Aim of the task: Where a line in the listing below contains the word "antt", copy that line.
BEGIN Records for this exercise
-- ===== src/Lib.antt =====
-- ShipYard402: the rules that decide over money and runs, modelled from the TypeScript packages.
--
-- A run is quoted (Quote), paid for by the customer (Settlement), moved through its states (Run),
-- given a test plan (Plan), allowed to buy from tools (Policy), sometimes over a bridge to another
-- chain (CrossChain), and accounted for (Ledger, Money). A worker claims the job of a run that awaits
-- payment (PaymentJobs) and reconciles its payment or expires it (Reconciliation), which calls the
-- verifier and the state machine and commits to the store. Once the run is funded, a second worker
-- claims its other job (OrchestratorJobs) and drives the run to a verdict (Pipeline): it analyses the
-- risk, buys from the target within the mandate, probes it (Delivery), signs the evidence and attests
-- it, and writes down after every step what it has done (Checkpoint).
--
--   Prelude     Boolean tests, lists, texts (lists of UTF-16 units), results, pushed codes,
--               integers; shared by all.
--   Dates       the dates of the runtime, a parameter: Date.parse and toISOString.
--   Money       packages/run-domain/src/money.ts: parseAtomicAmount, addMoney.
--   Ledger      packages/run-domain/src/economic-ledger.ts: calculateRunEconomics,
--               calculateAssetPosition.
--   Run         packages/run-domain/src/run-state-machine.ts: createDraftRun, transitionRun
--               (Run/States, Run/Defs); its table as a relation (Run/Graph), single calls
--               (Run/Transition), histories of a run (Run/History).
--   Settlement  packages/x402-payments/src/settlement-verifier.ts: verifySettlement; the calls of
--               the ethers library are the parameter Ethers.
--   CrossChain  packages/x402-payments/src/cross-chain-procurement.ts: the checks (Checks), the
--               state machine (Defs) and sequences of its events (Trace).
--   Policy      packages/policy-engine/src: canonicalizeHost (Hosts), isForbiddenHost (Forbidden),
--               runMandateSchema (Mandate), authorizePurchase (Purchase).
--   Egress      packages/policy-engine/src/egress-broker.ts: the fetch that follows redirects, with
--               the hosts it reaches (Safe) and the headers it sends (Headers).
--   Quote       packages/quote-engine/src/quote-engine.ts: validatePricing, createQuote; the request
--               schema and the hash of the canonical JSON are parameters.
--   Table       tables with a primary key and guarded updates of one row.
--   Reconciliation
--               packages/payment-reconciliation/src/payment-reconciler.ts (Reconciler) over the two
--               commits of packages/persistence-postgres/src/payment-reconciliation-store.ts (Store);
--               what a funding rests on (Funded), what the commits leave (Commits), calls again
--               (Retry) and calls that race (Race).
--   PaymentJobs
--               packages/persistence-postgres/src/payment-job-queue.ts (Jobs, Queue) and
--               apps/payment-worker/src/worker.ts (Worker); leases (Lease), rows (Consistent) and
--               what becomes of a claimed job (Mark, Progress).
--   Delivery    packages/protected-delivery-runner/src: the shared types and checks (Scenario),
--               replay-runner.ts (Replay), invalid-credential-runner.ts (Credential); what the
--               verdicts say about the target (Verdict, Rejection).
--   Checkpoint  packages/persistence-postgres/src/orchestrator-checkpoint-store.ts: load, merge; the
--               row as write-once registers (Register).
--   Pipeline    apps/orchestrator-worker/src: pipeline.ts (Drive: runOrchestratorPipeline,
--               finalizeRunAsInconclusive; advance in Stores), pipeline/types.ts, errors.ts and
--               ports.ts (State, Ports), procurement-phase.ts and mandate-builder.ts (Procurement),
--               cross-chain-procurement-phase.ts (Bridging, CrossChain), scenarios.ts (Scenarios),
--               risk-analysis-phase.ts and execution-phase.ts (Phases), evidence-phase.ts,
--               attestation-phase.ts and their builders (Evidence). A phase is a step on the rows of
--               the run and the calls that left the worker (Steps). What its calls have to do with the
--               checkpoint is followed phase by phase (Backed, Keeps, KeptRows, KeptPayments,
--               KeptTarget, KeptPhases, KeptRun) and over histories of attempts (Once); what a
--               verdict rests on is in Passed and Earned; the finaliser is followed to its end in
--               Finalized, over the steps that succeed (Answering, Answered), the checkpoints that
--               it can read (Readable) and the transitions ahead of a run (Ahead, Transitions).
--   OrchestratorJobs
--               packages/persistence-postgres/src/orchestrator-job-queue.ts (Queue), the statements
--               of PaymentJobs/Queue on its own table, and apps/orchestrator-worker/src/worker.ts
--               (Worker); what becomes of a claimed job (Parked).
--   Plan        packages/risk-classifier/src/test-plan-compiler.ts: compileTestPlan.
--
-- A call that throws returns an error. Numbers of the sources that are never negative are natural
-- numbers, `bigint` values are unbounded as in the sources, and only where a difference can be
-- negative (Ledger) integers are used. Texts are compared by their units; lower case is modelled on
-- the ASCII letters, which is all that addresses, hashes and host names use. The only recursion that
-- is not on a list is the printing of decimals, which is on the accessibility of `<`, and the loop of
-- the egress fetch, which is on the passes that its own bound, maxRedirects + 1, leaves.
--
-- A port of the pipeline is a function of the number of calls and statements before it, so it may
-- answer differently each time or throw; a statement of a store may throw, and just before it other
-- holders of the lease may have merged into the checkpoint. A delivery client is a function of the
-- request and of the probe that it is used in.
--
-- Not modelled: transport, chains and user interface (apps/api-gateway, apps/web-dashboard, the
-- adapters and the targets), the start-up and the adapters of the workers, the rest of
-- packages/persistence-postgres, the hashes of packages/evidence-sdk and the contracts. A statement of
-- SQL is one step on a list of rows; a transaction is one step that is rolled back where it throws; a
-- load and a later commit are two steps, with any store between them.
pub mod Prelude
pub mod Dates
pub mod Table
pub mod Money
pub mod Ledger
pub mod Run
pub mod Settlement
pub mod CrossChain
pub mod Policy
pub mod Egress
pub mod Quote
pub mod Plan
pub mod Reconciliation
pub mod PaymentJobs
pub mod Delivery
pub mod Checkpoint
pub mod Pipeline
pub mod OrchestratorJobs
END Records for this exercise
BEGIN Records for this exercise
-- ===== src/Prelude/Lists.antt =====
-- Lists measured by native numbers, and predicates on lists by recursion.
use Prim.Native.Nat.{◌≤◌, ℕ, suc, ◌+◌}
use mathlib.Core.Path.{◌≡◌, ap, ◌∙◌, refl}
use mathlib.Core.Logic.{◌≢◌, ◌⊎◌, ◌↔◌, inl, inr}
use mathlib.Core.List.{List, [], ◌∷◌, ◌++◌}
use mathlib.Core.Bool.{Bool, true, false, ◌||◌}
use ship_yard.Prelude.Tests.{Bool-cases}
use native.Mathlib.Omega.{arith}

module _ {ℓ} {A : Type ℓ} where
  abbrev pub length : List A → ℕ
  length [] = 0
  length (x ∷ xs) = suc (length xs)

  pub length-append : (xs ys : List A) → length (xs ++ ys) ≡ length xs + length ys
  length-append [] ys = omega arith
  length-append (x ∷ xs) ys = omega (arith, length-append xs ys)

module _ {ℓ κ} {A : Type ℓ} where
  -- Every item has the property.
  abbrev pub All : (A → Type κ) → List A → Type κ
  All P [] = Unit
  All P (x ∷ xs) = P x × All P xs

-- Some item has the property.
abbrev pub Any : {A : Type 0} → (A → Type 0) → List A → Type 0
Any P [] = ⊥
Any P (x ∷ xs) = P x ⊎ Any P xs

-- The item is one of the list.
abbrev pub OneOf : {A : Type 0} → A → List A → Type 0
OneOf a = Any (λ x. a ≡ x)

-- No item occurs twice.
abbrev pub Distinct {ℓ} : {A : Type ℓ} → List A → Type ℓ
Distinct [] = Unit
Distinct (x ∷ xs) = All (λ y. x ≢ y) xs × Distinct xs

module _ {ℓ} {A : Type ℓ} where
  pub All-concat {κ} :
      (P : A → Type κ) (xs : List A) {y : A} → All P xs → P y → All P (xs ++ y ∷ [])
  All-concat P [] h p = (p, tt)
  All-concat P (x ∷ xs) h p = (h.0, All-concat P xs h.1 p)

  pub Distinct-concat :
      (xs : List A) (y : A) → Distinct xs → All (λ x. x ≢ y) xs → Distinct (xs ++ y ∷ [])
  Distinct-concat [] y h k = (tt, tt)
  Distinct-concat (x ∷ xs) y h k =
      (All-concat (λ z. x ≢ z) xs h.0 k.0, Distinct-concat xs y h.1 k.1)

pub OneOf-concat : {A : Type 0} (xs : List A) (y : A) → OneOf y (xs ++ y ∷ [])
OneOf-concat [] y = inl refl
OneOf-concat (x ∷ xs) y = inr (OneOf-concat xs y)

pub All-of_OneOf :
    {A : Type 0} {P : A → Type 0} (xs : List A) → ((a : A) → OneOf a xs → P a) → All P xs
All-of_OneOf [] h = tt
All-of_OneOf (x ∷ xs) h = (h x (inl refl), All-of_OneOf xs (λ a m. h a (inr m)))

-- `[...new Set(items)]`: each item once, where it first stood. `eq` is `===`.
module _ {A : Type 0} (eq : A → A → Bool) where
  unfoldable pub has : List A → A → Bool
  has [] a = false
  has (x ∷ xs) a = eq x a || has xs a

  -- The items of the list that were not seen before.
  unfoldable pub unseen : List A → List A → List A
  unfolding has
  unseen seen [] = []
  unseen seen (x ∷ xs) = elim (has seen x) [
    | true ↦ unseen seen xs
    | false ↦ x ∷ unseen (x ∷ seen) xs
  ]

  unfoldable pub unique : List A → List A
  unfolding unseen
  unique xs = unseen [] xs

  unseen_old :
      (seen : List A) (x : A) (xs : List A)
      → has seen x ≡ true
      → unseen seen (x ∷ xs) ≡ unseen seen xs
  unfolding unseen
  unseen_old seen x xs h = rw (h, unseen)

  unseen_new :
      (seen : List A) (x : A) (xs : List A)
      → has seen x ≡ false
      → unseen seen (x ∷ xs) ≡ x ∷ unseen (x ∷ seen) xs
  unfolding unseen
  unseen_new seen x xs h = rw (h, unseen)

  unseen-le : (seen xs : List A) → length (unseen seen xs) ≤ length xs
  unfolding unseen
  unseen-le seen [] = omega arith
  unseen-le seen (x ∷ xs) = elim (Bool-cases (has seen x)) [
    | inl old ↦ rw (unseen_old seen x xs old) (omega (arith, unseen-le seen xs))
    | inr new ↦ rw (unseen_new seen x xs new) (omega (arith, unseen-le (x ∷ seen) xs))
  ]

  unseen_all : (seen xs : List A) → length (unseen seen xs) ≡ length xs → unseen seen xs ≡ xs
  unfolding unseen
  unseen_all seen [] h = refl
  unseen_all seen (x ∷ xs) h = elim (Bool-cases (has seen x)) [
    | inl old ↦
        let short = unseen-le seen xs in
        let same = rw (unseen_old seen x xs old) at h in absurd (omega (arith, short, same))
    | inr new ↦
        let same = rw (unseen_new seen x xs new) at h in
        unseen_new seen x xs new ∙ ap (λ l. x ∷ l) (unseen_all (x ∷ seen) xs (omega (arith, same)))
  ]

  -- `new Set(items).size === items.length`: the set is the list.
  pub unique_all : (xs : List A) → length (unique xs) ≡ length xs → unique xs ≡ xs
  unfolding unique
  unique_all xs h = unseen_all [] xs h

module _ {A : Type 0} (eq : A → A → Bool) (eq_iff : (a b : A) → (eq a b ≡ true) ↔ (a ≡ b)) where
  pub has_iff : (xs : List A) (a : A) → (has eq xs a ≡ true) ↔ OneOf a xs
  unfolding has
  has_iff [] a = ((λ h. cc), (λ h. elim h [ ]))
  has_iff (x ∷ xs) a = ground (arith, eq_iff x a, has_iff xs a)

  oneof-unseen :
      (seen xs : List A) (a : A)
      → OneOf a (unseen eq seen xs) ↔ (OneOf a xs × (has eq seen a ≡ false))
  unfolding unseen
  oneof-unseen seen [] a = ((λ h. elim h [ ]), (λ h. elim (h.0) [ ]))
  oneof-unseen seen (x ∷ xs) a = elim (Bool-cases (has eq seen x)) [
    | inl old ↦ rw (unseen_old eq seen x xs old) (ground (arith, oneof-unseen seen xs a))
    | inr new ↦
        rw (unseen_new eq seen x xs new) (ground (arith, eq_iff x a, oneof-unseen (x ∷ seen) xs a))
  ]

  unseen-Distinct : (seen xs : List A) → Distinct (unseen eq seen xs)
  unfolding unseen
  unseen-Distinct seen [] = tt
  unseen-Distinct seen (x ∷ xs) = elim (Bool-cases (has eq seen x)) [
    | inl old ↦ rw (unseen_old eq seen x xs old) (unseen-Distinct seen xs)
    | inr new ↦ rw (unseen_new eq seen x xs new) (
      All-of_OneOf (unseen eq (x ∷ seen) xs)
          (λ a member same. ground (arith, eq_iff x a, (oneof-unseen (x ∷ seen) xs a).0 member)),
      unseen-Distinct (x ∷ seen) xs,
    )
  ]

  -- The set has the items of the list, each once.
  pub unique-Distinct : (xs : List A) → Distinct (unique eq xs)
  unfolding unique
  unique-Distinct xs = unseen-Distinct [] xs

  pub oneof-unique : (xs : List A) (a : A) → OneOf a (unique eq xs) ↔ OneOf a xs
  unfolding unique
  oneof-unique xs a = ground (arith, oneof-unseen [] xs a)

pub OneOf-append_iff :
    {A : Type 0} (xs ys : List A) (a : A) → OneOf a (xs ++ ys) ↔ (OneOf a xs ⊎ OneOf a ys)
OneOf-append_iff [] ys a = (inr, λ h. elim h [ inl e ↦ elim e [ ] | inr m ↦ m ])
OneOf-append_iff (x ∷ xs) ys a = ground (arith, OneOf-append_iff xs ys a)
END Records for this exercise
BEGIN Records for this exercise
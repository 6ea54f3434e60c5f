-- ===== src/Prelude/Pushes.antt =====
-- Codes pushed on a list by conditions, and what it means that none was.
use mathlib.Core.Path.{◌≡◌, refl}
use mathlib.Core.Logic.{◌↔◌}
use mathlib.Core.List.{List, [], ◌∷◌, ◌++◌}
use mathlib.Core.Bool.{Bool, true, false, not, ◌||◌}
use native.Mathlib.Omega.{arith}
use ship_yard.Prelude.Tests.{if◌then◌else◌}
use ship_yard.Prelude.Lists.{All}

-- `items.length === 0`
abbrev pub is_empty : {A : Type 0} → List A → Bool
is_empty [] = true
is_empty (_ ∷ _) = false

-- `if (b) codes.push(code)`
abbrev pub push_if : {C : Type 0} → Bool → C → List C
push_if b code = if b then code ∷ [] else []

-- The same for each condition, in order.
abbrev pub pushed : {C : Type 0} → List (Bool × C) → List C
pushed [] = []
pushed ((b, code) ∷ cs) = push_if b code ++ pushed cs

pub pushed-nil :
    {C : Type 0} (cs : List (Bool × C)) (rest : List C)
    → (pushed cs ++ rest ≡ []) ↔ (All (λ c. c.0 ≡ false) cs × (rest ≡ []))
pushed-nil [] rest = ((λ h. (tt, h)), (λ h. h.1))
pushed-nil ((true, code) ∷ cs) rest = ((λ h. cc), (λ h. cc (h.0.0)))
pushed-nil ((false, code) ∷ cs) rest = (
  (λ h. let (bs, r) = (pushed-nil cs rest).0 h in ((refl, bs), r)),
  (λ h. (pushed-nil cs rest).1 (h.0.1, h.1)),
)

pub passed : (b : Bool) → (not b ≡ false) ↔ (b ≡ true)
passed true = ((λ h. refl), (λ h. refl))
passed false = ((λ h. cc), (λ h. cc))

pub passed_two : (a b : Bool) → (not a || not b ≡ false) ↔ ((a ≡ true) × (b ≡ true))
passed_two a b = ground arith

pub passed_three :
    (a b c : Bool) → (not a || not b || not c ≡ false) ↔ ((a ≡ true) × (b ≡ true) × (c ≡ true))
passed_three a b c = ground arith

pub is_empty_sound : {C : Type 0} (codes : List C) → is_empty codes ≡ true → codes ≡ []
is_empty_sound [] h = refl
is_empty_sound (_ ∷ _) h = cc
END Records for this exercise
Answer area:
-- ===== src/Lib.antt =====
-- ===== src/Prelude/Lists.antt =====
-- ===== src/Prelude/Pushes.antt =====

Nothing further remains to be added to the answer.